* [EXERCISE OBJECTIVE] In the entries below, find the line with "pub mod Sweep" and print exactly every line from there up to and including the line with "let rest = key_event_from", with no other lines.

-- MATERIAL SUPPLIED follows --

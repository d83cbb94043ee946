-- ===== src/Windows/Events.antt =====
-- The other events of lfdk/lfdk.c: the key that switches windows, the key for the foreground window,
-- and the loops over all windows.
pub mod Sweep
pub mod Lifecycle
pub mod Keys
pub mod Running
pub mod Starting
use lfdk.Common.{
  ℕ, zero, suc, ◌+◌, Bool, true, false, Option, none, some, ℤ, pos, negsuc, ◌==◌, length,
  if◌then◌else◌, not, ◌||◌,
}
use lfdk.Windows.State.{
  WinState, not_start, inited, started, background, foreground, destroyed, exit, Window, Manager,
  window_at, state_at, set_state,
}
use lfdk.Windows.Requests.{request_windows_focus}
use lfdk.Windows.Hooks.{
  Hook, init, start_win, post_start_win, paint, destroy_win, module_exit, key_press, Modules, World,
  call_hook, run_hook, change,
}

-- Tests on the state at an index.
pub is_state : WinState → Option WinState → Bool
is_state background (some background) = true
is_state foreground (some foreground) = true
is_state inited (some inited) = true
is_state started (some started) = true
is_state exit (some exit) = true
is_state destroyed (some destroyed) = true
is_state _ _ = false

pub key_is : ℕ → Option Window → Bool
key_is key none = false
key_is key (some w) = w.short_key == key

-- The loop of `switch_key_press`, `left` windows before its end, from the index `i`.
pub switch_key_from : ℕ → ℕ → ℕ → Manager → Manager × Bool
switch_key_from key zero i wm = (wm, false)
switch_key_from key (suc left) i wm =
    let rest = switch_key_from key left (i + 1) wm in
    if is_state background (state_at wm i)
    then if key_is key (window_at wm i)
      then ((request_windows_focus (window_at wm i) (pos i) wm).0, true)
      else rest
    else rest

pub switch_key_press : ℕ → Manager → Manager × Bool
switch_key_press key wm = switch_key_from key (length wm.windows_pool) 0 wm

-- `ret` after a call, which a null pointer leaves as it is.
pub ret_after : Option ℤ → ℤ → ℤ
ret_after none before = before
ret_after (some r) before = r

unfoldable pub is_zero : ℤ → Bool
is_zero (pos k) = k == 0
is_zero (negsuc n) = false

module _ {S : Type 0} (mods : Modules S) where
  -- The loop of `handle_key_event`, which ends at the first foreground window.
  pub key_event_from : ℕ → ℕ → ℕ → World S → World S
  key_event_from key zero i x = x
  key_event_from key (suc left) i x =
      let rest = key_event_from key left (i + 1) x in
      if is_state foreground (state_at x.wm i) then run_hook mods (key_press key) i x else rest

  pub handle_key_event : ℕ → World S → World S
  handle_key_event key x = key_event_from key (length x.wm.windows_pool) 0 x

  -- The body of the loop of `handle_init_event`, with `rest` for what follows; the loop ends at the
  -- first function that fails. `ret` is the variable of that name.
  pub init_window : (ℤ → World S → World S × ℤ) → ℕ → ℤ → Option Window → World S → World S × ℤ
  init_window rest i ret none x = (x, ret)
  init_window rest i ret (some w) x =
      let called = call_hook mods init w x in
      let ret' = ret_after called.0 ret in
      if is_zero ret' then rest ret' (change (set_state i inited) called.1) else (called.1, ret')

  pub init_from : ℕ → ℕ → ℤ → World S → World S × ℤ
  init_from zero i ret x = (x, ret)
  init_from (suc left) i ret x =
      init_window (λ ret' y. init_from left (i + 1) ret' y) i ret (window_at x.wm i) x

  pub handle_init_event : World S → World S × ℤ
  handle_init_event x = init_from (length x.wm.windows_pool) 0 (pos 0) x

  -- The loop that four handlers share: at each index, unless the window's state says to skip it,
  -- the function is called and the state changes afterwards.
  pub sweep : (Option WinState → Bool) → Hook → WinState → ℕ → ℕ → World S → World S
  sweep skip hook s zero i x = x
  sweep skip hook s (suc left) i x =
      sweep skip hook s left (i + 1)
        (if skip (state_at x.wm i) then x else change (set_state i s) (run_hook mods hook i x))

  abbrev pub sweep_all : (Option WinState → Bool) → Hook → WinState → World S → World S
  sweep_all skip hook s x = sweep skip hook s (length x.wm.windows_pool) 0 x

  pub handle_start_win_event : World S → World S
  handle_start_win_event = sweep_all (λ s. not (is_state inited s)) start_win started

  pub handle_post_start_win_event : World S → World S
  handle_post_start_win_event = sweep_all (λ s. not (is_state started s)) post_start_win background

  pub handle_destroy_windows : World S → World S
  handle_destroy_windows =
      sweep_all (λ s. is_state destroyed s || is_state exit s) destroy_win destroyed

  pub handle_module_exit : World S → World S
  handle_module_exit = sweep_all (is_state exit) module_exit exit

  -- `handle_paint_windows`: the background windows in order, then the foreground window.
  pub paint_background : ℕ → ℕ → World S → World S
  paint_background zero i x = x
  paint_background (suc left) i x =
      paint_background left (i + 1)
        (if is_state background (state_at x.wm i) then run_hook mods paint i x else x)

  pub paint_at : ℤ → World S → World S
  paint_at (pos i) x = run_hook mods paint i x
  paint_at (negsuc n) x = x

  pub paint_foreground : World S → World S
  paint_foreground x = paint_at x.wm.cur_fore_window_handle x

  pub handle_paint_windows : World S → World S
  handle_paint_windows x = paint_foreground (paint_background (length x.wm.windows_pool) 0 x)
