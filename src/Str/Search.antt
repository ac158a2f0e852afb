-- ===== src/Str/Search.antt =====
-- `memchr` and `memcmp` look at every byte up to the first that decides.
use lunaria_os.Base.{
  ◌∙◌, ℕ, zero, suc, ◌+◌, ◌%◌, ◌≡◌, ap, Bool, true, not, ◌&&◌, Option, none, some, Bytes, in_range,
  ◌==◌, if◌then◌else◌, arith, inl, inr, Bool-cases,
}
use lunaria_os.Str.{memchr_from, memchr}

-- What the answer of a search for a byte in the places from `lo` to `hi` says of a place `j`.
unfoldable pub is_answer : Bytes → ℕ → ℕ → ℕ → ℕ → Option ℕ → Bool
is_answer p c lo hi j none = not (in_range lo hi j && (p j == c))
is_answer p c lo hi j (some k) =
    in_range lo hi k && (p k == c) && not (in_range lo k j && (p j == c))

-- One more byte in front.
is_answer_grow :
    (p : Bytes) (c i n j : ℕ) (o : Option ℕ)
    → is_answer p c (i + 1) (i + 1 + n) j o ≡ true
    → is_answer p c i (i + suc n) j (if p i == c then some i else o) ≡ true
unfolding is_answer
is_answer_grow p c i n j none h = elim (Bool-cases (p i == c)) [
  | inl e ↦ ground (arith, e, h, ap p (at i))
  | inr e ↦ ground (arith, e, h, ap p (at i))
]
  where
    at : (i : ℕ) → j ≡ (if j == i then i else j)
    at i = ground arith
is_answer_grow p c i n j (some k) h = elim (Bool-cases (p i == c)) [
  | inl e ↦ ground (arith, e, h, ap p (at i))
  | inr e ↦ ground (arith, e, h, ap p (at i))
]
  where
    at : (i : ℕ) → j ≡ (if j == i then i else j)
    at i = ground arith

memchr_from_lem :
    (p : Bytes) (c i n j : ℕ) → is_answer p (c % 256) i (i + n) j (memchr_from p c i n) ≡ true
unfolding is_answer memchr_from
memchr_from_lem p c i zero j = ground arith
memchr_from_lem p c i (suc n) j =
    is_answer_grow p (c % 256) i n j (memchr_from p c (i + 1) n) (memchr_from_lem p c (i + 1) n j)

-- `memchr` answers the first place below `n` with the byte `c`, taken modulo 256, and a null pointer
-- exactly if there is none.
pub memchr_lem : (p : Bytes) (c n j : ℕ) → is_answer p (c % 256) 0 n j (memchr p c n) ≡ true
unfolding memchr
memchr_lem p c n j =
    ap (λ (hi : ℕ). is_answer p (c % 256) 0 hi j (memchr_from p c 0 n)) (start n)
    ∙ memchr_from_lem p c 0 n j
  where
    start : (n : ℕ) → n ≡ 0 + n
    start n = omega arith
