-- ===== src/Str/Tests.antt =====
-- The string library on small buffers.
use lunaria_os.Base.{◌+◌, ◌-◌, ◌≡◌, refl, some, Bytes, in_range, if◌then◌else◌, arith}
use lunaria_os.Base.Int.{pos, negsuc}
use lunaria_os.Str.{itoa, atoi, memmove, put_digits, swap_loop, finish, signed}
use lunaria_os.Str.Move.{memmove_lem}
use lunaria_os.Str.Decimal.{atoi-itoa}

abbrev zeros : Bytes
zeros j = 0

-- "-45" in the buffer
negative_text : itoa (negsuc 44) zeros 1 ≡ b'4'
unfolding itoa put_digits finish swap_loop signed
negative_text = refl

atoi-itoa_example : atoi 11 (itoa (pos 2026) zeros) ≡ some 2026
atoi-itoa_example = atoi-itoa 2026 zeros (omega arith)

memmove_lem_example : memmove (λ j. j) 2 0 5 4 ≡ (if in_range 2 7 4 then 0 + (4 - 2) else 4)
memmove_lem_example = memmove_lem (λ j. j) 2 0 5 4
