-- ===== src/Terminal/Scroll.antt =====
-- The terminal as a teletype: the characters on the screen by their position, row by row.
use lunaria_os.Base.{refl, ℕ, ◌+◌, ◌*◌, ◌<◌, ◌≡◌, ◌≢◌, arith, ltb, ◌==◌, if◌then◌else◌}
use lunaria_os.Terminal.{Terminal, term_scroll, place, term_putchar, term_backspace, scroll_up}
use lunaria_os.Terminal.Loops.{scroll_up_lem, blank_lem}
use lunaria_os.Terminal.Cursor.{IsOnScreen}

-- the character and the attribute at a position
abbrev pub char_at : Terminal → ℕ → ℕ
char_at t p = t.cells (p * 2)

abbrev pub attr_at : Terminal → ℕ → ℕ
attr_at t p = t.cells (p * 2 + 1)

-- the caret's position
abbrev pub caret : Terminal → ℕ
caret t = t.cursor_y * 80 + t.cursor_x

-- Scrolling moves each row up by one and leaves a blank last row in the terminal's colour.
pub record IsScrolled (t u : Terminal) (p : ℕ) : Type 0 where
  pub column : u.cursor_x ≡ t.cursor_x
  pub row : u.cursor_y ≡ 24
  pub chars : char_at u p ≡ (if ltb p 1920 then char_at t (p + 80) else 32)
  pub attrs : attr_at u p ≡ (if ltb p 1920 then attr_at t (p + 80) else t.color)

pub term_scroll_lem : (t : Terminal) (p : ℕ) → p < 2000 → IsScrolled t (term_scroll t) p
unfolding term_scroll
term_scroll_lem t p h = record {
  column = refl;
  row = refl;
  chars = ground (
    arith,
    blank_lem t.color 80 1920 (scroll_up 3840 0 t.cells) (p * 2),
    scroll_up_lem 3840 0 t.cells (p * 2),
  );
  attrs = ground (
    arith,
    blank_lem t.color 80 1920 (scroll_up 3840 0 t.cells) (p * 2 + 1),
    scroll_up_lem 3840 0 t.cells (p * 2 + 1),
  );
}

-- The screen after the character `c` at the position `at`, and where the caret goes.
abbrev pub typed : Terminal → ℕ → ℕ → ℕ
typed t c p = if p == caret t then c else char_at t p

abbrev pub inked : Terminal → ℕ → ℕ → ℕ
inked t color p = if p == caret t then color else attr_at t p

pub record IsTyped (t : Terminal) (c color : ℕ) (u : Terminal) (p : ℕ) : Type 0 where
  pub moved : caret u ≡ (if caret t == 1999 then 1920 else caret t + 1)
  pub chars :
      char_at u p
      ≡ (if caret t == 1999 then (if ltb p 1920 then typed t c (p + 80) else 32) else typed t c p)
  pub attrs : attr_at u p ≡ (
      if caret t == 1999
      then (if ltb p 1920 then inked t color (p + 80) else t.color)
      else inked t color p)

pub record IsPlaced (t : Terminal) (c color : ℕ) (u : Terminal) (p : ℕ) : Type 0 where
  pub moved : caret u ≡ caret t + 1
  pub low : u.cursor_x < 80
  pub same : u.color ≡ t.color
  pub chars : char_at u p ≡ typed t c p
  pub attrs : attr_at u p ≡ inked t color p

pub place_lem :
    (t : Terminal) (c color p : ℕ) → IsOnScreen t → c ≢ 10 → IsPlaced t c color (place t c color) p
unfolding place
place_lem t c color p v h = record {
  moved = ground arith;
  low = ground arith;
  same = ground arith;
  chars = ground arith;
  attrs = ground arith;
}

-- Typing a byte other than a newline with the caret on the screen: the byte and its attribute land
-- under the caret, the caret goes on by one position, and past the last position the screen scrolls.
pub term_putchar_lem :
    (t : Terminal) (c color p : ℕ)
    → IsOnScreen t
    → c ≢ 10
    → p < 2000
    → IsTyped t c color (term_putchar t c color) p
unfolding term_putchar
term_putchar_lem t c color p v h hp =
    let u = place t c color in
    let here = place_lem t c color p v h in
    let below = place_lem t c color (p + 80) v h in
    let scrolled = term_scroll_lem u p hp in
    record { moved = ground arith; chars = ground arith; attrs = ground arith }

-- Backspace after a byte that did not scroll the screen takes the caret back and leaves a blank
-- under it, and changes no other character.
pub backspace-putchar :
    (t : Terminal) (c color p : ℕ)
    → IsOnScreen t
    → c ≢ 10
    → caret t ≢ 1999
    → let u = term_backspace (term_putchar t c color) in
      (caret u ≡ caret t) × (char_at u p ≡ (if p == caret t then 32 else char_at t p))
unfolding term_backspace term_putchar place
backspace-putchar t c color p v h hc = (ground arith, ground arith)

-- MATERIAL SUPPLIED concluded --

* [WRITTEN RESPONSE]
pub mod Sweep
pub mod Lifecycle
pub mod Keys
pub mod Running
pub mod Starting
use lfdk.Common.{
  ℕ, zero, suc, ◌+◌, Bool, true, false, Option, none, some, ℤ, pos, negsuc, ◌==◌, length,
  if◌then◌else◌, not, ◌||◌,
}
use lfdk.Windows.State.{
  WinState, not_start, inited, started, background, foreground, destroyed, exit, Window, Manager,
  window_at, state_at, set_state,
}
use lfdk.Windows.Requests.{request_windows_focus}
use lfdk.Windows.Hooks.{
  Hook, init, start_win, post_start_win, paint, destroy_win, module_exit, key_press, Modules, World,
  call_hook, run_hook, change,
}

-- Tests on the state at an index.
pub is_state : WinState → Option WinState → Bool
is_state background (some background) = true
is_state foreground (some foreground) = true
is_state inited (some inited) = true
is_state started (some started) = true
is_state exit (some exit) = true
is_state destroyed (some destroyed) = true
is_state _ _ = false

pub key_is : ℕ → Option Window → Bool
key_is key none = false
key_is key (some w) = w.short_key == key

-- The loop of `switch_key_press`, `left` windows before its end, from the index `i`.
pub switch_key_from : ℕ → ℕ → ℕ → Manager → Manager × Bool
switch_key_from key zero i wm = (wm, false)
switch_key_from key (suc left) i wm =
    let rest = switch_key_from key left (i + 1) wm in
    if is_state background (state_at wm i)
    then if key_is key (window_at wm i)
      then ((request_windows_focus (window_at wm i) (pos i) wm).0, true)
      else rest
    else rest

pub switch_key_press : ℕ → Manager → Manager × Bool
switch_key_press key wm = switch_key_from key (length wm.windows_pool) 0 wm

-- `ret` after a call, which a null pointer leaves as it is.
pub ret_after : Option ℤ → ℤ → ℤ
ret_after none before = before
ret_after (some r) before = r

unfoldable pub is_zero : ℤ → Bool
is_zero (pos k) = k == 0
is_zero (negsuc n) = false

module _ {S : Type 0} (mods : Modules S) where
  -- The loop of `handle_key_event`, which ends at the first foreground window.
  pub key_event_from : ℕ → ℕ → ℕ → World S → World S
  key_event_from key zero i x = x
  key_event_from key (suc left) i x =
      let rest = key_event_from key left (i + 1) x in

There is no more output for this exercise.